§ YOUR ASSIGNMENT: Could you find each line of the data below that contains the word "self" and copy those lines?

══════

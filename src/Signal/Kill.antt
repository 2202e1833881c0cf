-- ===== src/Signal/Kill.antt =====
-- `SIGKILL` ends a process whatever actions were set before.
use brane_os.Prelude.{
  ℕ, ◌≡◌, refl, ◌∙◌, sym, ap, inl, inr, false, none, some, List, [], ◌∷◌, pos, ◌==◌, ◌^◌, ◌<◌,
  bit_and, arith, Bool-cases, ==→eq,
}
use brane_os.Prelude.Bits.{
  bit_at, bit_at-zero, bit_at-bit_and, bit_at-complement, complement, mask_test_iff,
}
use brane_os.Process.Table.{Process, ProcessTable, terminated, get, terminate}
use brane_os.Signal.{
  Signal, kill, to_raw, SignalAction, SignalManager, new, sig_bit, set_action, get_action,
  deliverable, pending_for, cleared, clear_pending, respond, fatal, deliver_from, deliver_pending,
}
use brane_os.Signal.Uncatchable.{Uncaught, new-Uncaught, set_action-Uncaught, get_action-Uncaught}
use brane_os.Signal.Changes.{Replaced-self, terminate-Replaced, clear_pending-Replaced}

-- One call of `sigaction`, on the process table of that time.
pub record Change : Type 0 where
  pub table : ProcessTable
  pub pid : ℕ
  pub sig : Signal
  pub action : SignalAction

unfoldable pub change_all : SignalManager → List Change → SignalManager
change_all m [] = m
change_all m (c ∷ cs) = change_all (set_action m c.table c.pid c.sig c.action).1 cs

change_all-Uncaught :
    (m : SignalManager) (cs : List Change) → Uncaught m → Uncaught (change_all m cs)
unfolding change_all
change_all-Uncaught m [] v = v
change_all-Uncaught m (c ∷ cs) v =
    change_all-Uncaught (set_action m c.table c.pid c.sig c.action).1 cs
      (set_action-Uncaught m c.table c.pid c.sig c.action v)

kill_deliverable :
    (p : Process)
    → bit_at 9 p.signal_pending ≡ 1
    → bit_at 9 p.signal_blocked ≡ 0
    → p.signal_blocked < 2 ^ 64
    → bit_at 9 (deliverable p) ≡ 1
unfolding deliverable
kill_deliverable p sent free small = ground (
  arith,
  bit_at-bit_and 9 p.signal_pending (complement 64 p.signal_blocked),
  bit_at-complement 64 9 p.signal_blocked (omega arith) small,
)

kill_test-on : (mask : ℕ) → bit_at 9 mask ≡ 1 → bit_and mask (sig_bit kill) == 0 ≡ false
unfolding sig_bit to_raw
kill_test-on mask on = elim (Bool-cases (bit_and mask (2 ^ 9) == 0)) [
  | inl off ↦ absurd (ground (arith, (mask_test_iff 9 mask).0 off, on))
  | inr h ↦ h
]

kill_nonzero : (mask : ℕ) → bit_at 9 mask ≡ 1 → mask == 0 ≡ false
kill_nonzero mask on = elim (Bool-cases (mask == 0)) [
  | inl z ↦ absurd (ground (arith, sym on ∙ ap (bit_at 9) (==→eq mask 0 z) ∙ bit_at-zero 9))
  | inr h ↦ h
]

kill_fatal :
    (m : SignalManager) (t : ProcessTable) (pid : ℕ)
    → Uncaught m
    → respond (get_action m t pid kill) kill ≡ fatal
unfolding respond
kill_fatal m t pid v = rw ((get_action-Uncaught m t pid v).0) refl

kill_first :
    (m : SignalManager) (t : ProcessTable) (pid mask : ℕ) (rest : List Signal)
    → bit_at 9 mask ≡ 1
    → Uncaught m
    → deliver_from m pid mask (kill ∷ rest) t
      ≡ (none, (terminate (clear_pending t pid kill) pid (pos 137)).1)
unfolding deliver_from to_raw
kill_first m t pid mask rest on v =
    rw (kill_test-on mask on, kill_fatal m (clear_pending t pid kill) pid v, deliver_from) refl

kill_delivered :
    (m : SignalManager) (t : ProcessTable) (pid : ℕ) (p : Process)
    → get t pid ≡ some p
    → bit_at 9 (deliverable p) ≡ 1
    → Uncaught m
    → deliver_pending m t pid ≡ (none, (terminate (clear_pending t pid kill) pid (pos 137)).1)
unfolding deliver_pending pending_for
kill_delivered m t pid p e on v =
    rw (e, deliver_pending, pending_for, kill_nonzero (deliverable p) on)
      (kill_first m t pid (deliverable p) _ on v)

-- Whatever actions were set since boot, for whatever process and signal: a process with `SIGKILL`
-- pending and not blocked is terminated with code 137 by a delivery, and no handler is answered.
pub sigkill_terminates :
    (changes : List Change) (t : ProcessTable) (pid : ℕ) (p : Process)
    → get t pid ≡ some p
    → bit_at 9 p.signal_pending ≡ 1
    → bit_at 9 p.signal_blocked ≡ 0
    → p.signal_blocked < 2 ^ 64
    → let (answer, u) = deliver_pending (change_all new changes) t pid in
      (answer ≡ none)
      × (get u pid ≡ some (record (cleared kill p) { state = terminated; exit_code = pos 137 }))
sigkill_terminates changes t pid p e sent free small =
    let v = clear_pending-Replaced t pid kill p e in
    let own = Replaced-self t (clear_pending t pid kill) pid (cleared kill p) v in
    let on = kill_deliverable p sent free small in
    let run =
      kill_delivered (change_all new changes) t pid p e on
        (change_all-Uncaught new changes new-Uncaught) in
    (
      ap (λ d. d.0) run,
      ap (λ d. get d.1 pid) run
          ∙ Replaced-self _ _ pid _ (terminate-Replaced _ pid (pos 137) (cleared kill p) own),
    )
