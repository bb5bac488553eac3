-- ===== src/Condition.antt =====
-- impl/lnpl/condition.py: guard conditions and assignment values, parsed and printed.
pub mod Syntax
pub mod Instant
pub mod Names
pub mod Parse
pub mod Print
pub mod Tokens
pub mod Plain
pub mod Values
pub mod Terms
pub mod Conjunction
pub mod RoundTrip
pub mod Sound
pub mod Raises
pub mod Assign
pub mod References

══════

§ ANSWER TO THIS EXERCISE:
use brane_os.Signal.Changes.{Replaced-self, terminate-Replaced, clear_pending-Replaced}
    let own = Replaced-self t (clear_pending t pid kill) pid (cleared kill p) v in
          ∙ Replaced-self _ _ pid _ (terminate-Replaced _ pid (pos 137) (cleared kill p) own),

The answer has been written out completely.